┏━━

-- ===== src/Protocol/Messages/Objects/Carried.antt =====
-- What the messages of Protocol/Messages/Objects carry.
use basis_rust_server.Common.{
  ◌%◌, ◌^◌, ◌<◌, refl, List, [], ◌∷◌, length, All, arith, if◌then◌else◌, ◌==◌,
}
use basis_rust_server.Protocol.Io.{return}
use basis_rust_server.Protocol.Io.Carries.{skip}
use basis_rust_server.Protocol.Io.Carries.{
  Carries, bind-Carries, map-Carries, return-Carries, each_same-Carries,
}
use basis_rust_server.Protocol.Io.Carries.Words.{
  u8-Carries, bool-Carries, u16-Carries, u32-Carries, string-Carries, IsText,
}
use basis_rust_server.Protocol.Messages.Objects.{
  LocalLoadResource, write_placement, serialize_local_load_resource, unplaced, read_placement,
  deserialize_local_load_resource, UnloadResource, serialize_unload_resource,
  deserialize_unload_resource, PreloadReadyMessage, serialize_preload_ready_message,
  deserialize_preload_ready_message, SpawnPreloadedMessage, serialize_spawn_preloaded_message,
  deserialize_spawn_preloaded_message, OwnershipTransferMessage,
  serialize_ownership_transfer_message, deserialize_ownership_transfer_message, ServerLibraryItem,
  serialize_server_library_item, deserialize_server_library_item, ServerLibraryMessage,
  serialize_server_library_message, deserialize_server_library_message,
}
use basis_rust_server.Common.{Bool-cases, inl, inr}

abbrev FitsPlacement : LocalLoadResource → Type 0
FitsPlacement m =
    (m.position_x < 2 ^ 32)
    × (m.position_y < 2 ^ 32)
    × (m.position_z < 2 ^ 32)
    × (m.quaternion_x < 2 ^ 32)
    × (m.quaternion_y < 2 ^ 32)
    × (m.quaternion_z < 2 ^ 32)
    × (m.quaternion_w < 2 ^ 32)
    × (m.scale_x < 2 ^ 32)
    × (m.scale_y < 2 ^ 32)
    × (m.scale_z < 2 ^ 32)

abbrev pub FitsLocalLoadResource : LocalLoadResource → Type 0
FitsLocalLoadResource m =
    IsText m.loaded_net_id
    × IsText m.unlock_password
    × IsText m.combined_url
    × IsText m.uuid_of_creator
    × FitsPlacement m

-- The placement travels in mode 0 only.
abbrev pub arrived : LocalLoadResource → LocalLoadResource
arrived m = if m.mode == 0 then m else unplaced m

placement-Carries :
    (m value : LocalLoadResource)
    → FitsPlacement m
    → Carries (write_placement m) (read_placement value) (record value {
      position_x = m.position_x;
      position_y = m.position_y;
      position_z = m.position_z;
      quaternion_x = m.quaternion_x;
      quaternion_y = m.quaternion_y;
      quaternion_z = m.quaternion_z;
      quaternion_w = m.quaternion_w;
      scale_x = m.scale_x;
      scale_y = m.scale_y;
      scale_z = m.scale_z;
    })
unfolding write_placement read_placement
placement-Carries m value h = bind-Carries _ (u32-Carries m.position_x h.0) (
    bind-Carries _ (u32-Carries m.position_y h.1) (
      bind-Carries _ (u32-Carries m.position_z h.2) (
        bind-Carries _ (u32-Carries m.quaternion_x h.3) (
          bind-Carries _ (u32-Carries m.quaternion_y h.4) (
            bind-Carries _ (u32-Carries m.quaternion_z h.5) (
              bind-Carries _ (u32-Carries m.quaternion_w h.6) (
                bind-Carries _ (u32-Carries m.scale_x h.7) (
                  bind-Carries _ (u32-Carries m.scale_y h.8)
                    (map-Carries _ (u32-Carries m.scale_z h.9) refl)))))))))

maybe_placement-Carries :
    (m : LocalLoadResource)
    → FitsPlacement m
    → Carries
        (if m.mode == 0 then write_placement m else skip)
        (if m.mode == 0 then read_placement (unplaced m) else return (unplaced m))
        (arrived m)
maybe_placement-Carries m h = elim (Bool-cases (m.mode == 0)) [
  | inl e ↦ rw e (placement-Carries m (unplaced m) h)
  | inr e ↦ rw e (return-Carries (unplaced m))
]

pub local_load_resource-Carries :
    (m : LocalLoadResource)
    → FitsLocalLoadResource m
    → Carries (serialize_local_load_resource m) deserialize_local_load_resource (arrived m)
unfolding serialize_local_load_resource deserialize_local_load_resource
local_load_resource-Carries m h = bind-Carries _ (u8-Carries m.mode) (
    bind-Carries _ (string-Carries m.loaded_net_id h.0) (
      bind-Carries _ (string-Carries m.unlock_password h.1) (
        bind-Carries _ (string-Carries m.combined_url h.2) (
          bind-Carries _ (string-Carries m.uuid_of_creator h.3) (
            bind-Carries _ (bool-Carries m.is_admin_locked) (
              bind-Carries _ (bool-Carries m.persist) (
                bind-Carries _ (bool-Carries m.modify_scale) (
                  bind-Carries _ (u8-Carries m.load_strategy)
                    (maybe_placement-Carries m h.4)))))))))

abbrev pub FitsUnloadResource : UnloadResource → Type 0
FitsUnloadResource m = IsText m.loaded_net_id

pub unload_resource-Carries :
    (m : UnloadResource)
    → FitsUnloadResource m
    → Carries (serialize_unload_resource m) deserialize_unload_resource m
unfolding serialize_unload_resource deserialize_unload_resource
unload_resource-Carries m h =
    bind-Carries _ (u8-Carries m.mode) (map-Carries _ (string-Carries m.loaded_net_id h) refl)

abbrev pub FitsPreloadReadyMessage : PreloadReadyMessage → Type 0
FitsPreloadReadyMessage m = IsText m.loaded_net_id

pub preload_ready_message-Carries :
    (m : PreloadReadyMessage)
    → FitsPreloadReadyMessage m
    → Carries (serialize_preload_ready_message m) deserialize_preload_ready_message m
unfolding serialize_preload_ready_message deserialize_preload_ready_message
preload_ready_message-Carries m h =
    bind-Carries _ (string-Carries m.loaded_net_id h) (map-Carries _ (bool-Carries m.is_ready) refl)

abbrev pub FitsSpawnPreloadedMessage : SpawnPreloadedMessage → Type 0
FitsSpawnPreloadedMessage m = IsText m.loaded_net_id

pub spawn_preloaded_message-Carries :
    (m : SpawnPreloadedMessage)
    → FitsSpawnPreloadedMessage m
    → Carries (serialize_spawn_preloaded_message m) deserialize_spawn_preloaded_message m
unfolding serialize_spawn_preloaded_message deserialize_spawn_preloaded_message
spawn_preloaded_message-Carries m h = map-Carries _ (string-Carries m.loaded_net_id h) refl

abbrev pub FitsOwnershipTransferMessage : OwnershipTransferMessage → Type 0
FitsOwnershipTransferMessage m = (m.player_id < 2 ^ 16) × IsText m.ownership_id

pub ownership_transfer_message-Carries :
    (m : OwnershipTransferMessage)
    → FitsOwnershipTransferMessage m
    → Carries (serialize_ownership_transfer_message m) deserialize_ownership_transfer_message m
unfolding serialize_ownership_transfer_message deserialize_ownership_transfer_message
ownership_transfer_message-Carries m h =
    bind-Carries _ (u16-Carries m.player_id h.0)
      (map-Carries _ (string-Carries m.ownership_id h.1) refl)

abbrev pub FitsServerLibraryItem : ServerLibraryItem → Type 0
FitsServerLibraryItem m = IsText m.url × IsText m.password

pub server_library_item-Carries :
    (m : ServerLibraryItem)
    → FitsServerLibraryItem m
    → Carries (serialize_server_library_item m) deserialize_server_library_item m
unfolding serialize_server_library_item deserialize_server_library_item
server_library_item-Carries m h =
    bind-Carries _ (u8-Carries m.mode) (
      bind-Carries _ (string-Carries m.url h.0)
        (map-Carries _ (string-Carries m.password h.1) refl))

abbrev pub FitsServerLibraryMessage : ServerLibraryMessage → Type 0
FitsServerLibraryMessage m = (length m.items < 2 ^ 16) × All FitsServerLibraryItem m.items

items-Carries :
    (items : List ServerLibraryItem)
    → All FitsServerLibraryItem items
    → All (λ a. Carries (serialize_server_library_item a) deserialize_server_library_item a) items
items-Carries [] h = tt
items-Carries (a ∷ items) h = (server_library_item-Carries a h.0, items-Carries items h.1)

pub server_library_message-Carries :
    (m : ServerLibraryMessage)
    → FitsServerLibraryMessage m
    → Carries (serialize_server_library_message m) deserialize_server_library_message m
unfolding serialize_server_library_message deserialize_server_library_message
server_library_message-Carries m h =
    bind-Carries _ (u16-Carries (length m.items % 2 ^ 16) (omega arith)) (
      map-Carries _
        (each_same-Carries serialize_server_library_item deserialize_server_library_item _ m.items
          (omega (arith, h.0)) (items-Carries m.items h.1))
        refl)
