-- ===== src/Protocol/Messages/Sharing/Carried.antt =====
-- What the messages of Protocol/Messages/Sharing carry.
use basis_rust_server.Common.{◌^◌, ◌<◌, ◌≡◌, refl, ap}
use basis_rust_server.Protocol.Io.Carries.{Carries, bind-Carries, map-Carries}
use basis_rust_server.Protocol.Io.Carries.Words.{u8-Carries, u32-Carries, string-Carries, IsText}
use basis_rust_server.Protocol.Messages.Sharing.{
  ContentShareType, ContentShareMessage, share_type_byte, share_type_from,
  serialize_content_share_message, deserialize_content_share_message, avatar, prop, world, server,
  ContentShareCleanupMessage, serialize_content_share_cleanup_message,
  deserialize_content_share_cleanup_message,
}

abbrev pub FitsContentShareMessage : ContentShareMessage → Type 0
FitsContentShareMessage m =
    IsText m.sphere_net_id
    × IsText m.content_url
    × IsText m.unlock_password
    × (m.position_x < 2 ^ 32)
    × (m.position_y < 2 ^ 32)
    × (m.position_z < 2 ^ 32)

share_type_from-share_type_byte : (t : ContentShareType) → share_type_from (share_type_byte t) ≡ t
unfolding share_type_from share_type_byte
share_type_from-share_type_byte avatar = refl
share_type_from-share_type_byte prop = refl
share_type_from-share_type_byte world = refl
share_type_from-share_type_byte server = refl

pub content_share_message-Carries :
    (m : ContentShareMessage)
    → FitsContentShareMessage m
    → Carries (serialize_content_share_message m) deserialize_content_share_message m
unfolding serialize_content_share_message deserialize_content_share_message
content_share_message-Carries m h = bind-Carries _ (string-Carries m.sphere_net_id h.0) (
    bind-Carries _ (string-Carries m.content_url h.1) (
      bind-Carries _ (string-Carries m.unlock_password h.2) (
        bind-Carries _ (u8-Carries (share_type_byte m.content_type)) (
          bind-Carries _ (u32-Carries m.position_x h.3) (
            bind-Carries _ (u32-Carries m.position_y h.4) (
              map-Carries _ (u32-Carries m.position_z h.5) (
                ap (λ (t : ContentShareType). record m { content_type = t })
                  (share_type_from-share_type_byte m.content_type))))))))

abbrev pub FitsContentShareCleanupMessage : ContentShareCleanupMessage → Type 0
FitsContentShareCleanupMessage m = IsText m.sphere_net_id

pub content_share_cleanup_message-Carries :
    (m : ContentShareCleanupMessage)
    → FitsContentShareCleanupMessage m
    → Carries
        (serialize_content_share_cleanup_message m)
        deserialize_content_share_cleanup_message
        m
unfolding serialize_content_share_cleanup_message deserialize_content_share_cleanup_message
content_share_cleanup_message-Carries m h = map-Carries _ (string-Carries m.sphere_net_id h) refl
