-- ===== src/Protocol/Messages/Talk/Carried.antt =====
-- What the messages of Protocol/Messages/Talk carry.
use basis_rust_server.Common.{ℕ, ◌%◌, ◌^◌, ◌<◌, ◌≡◌, refl, List, [], ◌∷◌, length, take, All, arith}
use basis_rust_server.Protocol.Io.{put_u16, get_u16}
use basis_rust_server.Protocol.Io.Carries.{put_each, get_times}
use basis_rust_server.Protocol.Io.Carries.{Carries, bind-Carries, map-Carries, each_same-Carries}
use basis_rust_server.Protocol.Io.Carries.Words.{u8-Carries, u16-Carries, bytes-Carries}
use basis_rust_server.Protocol.Messages.Talk.{
  ChatMessage, serialize_chat_message, deserialize_chat_message, AudioSegmentDataMessage,
  serialize_audio_segment_data_message, deserialize_audio_segment_data_message,
  ServerAudioSegmentMessage, serialize_server_audio_segment_message,
  deserialize_server_audio_segment_message, AvatarDataMessage, serialize_avatar_data_message,
  deserialize_avatar_data_message, RemoteAvatarDataMessage, serialize_remote_avatar_data_message,
  deserialize_remote_avatar_data_message, SceneDataMessage, serialize_scene_data_message,
  deserialize_scene_data_message, RemoteSceneDataMessage, serialize_remote_scene_data_message,
  deserialize_remote_scene_data_message, ServerStatisticMessage, serialize_server_statistic_message,
  deserialize_server_statistic_message,
}
use basis_rust_server.Protocol.Messages.Rest.{Closes, bind-Closes, map-Closes, rest-Closes}
use Prim.Native.Nat.{min}
use basis_rust_server.Common.{length-take}

-- A long message is cut.
abbrev pub heard : ChatMessage → ChatMessage
heard m = record { payload = take (min (length m.payload) 512) m.payload }

pub chat_message-Carries :
    (m : ChatMessage) → Carries (serialize_chat_message m) deserialize_chat_message (heard m)
unfolding serialize_chat_message deserialize_chat_message
chat_message-Carries m =
    let len = min (length m.payload) 512 in
    bind-Carries _ (u16-Carries (len % 2 ^ 16) (omega arith)) (
      map-Carries _
        (bytes-Carries _ (take len m.payload) (omega (arith, length-take len m.payload))) refl)

id-Carries :
    (ids : List ℕ) → All (λ id. id < 2 ^ 16) ids → All (λ id. Carries (put_u16 id) get_u16 id) ids
id-Carries [] h = tt
id-Carries (id ∷ ids) h = (u16-Carries id h.0, id-Carries ids h.1)

ids-Carries :
    (n : ℕ) (ids : List ℕ)
    → n ≡ length ids
    → All (λ id. id < 2 ^ 16) ids
    → Carries (put_each put_u16 ids) (get_times n get_u16) ids
ids-Carries n ids e h = each_same-Carries put_u16 get_u16 n ids e (id-Carries ids h)

abbrev pub FitsAudioSegmentDataMessage : AudioSegmentDataMessage → Type 0
FitsAudioSegmentDataMessage m = Unit {0}

pub audio_segment_data_message-Closes :
    (m : AudioSegmentDataMessage)
    → FitsAudioSegmentDataMessage m
    → Closes (serialize_audio_segment_data_message m) deserialize_audio_segment_data_message m
unfolding serialize_audio_segment_data_message deserialize_audio_segment_data_message
audio_segment_data_message-Closes m h = map-Closes _ (rest-Closes m.audio_segment) refl

abbrev pub FitsServerAudioSegmentMessage : ServerAudioSegmentMessage → Type 0
FitsServerAudioSegmentMessage m = m.player_id < 2 ^ 16

pub server_audio_segment_message-Closes :
    (m : ServerAudioSegmentMessage)
    → FitsServerAudioSegmentMessage m
    → Closes (serialize_server_audio_segment_message m) deserialize_server_audio_segment_message m
unfolding serialize_server_audio_segment_message deserialize_server_audio_segment_message
    deserialize_audio_segment_data_message
server_audio_segment_message-Closes m h =
    bind-Closes _ (u16-Carries m.player_id h)
      (map-Closes _ (map-Closes _ (rest-Closes m.audio_segment) refl) refl)

abbrev pub FitsAvatarDataMessage : AvatarDataMessage → Type 0
FitsAvatarDataMessage m =
    (m.player_id < 2 ^ 16) × (length m.recipients < 2 ^ 16) × All (λ id. id < 2 ^ 16) m.recipients

pub avatar_data_message-Closes :
    (m : AvatarDataMessage)
    → FitsAvatarDataMessage m
    → Closes (serialize_avatar_data_message m) deserialize_avatar_data_message m
unfolding serialize_avatar_data_message deserialize_avatar_data_message
avatar_data_message-Closes m h = bind-Closes _ (u16-Carries m.player_id h.0) (
    bind-Closes _ (u8-Carries m.avatar_link_index) (
      bind-Closes _ (u8-Carries m.message_index) (
        bind-Closes _ (u16-Carries (length m.recipients % 2 ^ 16) (omega arith)) (
          bind-Closes _
            (ids-Carries (length m.recipients % 2 ^ 16) m.recipients (omega (arith, h.1)) h.2)
            (map-Closes _ (rest-Closes m.payload) refl)))))

abbrev pub FitsRemoteAvatarDataMessage : RemoteAvatarDataMessage → Type 0
FitsRemoteAvatarDataMessage m = m.player_id < 2 ^ 16

pub remote_avatar_data_message-Closes :
    (m : RemoteAvatarDataMessage)
    → FitsRemoteAvatarDataMessage m
    → Closes (serialize_remote_avatar_data_message m) deserialize_remote_avatar_data_message m
unfolding serialize_remote_avatar_data_message deserialize_remote_avatar_data_message
remote_avatar_data_message-Closes m h = bind-Closes _ (u16-Carries m.player_id h) (
    bind-Closes _ (u8-Carries m.avatar_link_index)
      (bind-Closes _ (u8-Carries m.message_index) (map-Closes _ (rest-Closes m.payload) refl)))

abbrev pub FitsSceneDataMessage : SceneDataMessage → Type 0
FitsSceneDataMessage m =
    (m.message_index < 2 ^ 16)
    × (length m.recipients < 2 ^ 16)
    × All (λ id. id < 2 ^ 16) m.recipients

pub scene_data_message-Closes :
    (m : SceneDataMessage)
    → FitsSceneDataMessage m
    → Closes (serialize_scene_data_message m) deserialize_scene_data_message m
unfolding serialize_scene_data_message deserialize_scene_data_message
scene_data_message-Closes m h = bind-Closes _ (u16-Carries m.message_index h.0) (
    bind-Closes _ (u16-Carries (length m.recipients % 2 ^ 16) (omega arith)) (
      bind-Closes _
        (ids-Carries (length m.recipients % 2 ^ 16) m.recipients (omega (arith, h.1)) h.2)
        (map-Closes _ (rest-Closes m.payload) refl)))

abbrev pub FitsRemoteSceneDataMessage : RemoteSceneDataMessage → Type 0
FitsRemoteSceneDataMessage m = m.message_index < 2 ^ 16

pub remote_scene_data_message-Closes :
    (m : RemoteSceneDataMessage)
    → FitsRemoteSceneDataMessage m
    → Closes (serialize_remote_scene_data_message m) deserialize_remote_scene_data_message m
unfolding serialize_remote_scene_data_message deserialize_remote_scene_data_message
remote_scene_data_message-Closes m h =
    bind-Closes _ (u16-Carries m.message_index h) (map-Closes _ (rest-Closes m.payload) refl)

abbrev pub FitsServerStatisticMessage : ServerStatisticMessage → Type 0
FitsServerStatisticMessage m = Unit {0}

pub server_statistic_message-Closes :
    (m : ServerStatisticMessage)
    → FitsServerStatisticMessage m
    → Closes (serialize_server_statistic_message m) deserialize_server_statistic_message m
unfolding serialize_server_statistic_message deserialize_server_statistic_message
server_statistic_message-Closes m h = map-Closes _ (rest-Closes m.statistics) refl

┗━━

(Directions)
In the entries above, count every line containing the word "FitsLocalLoadResource". Write only the total.

(Task answer)
3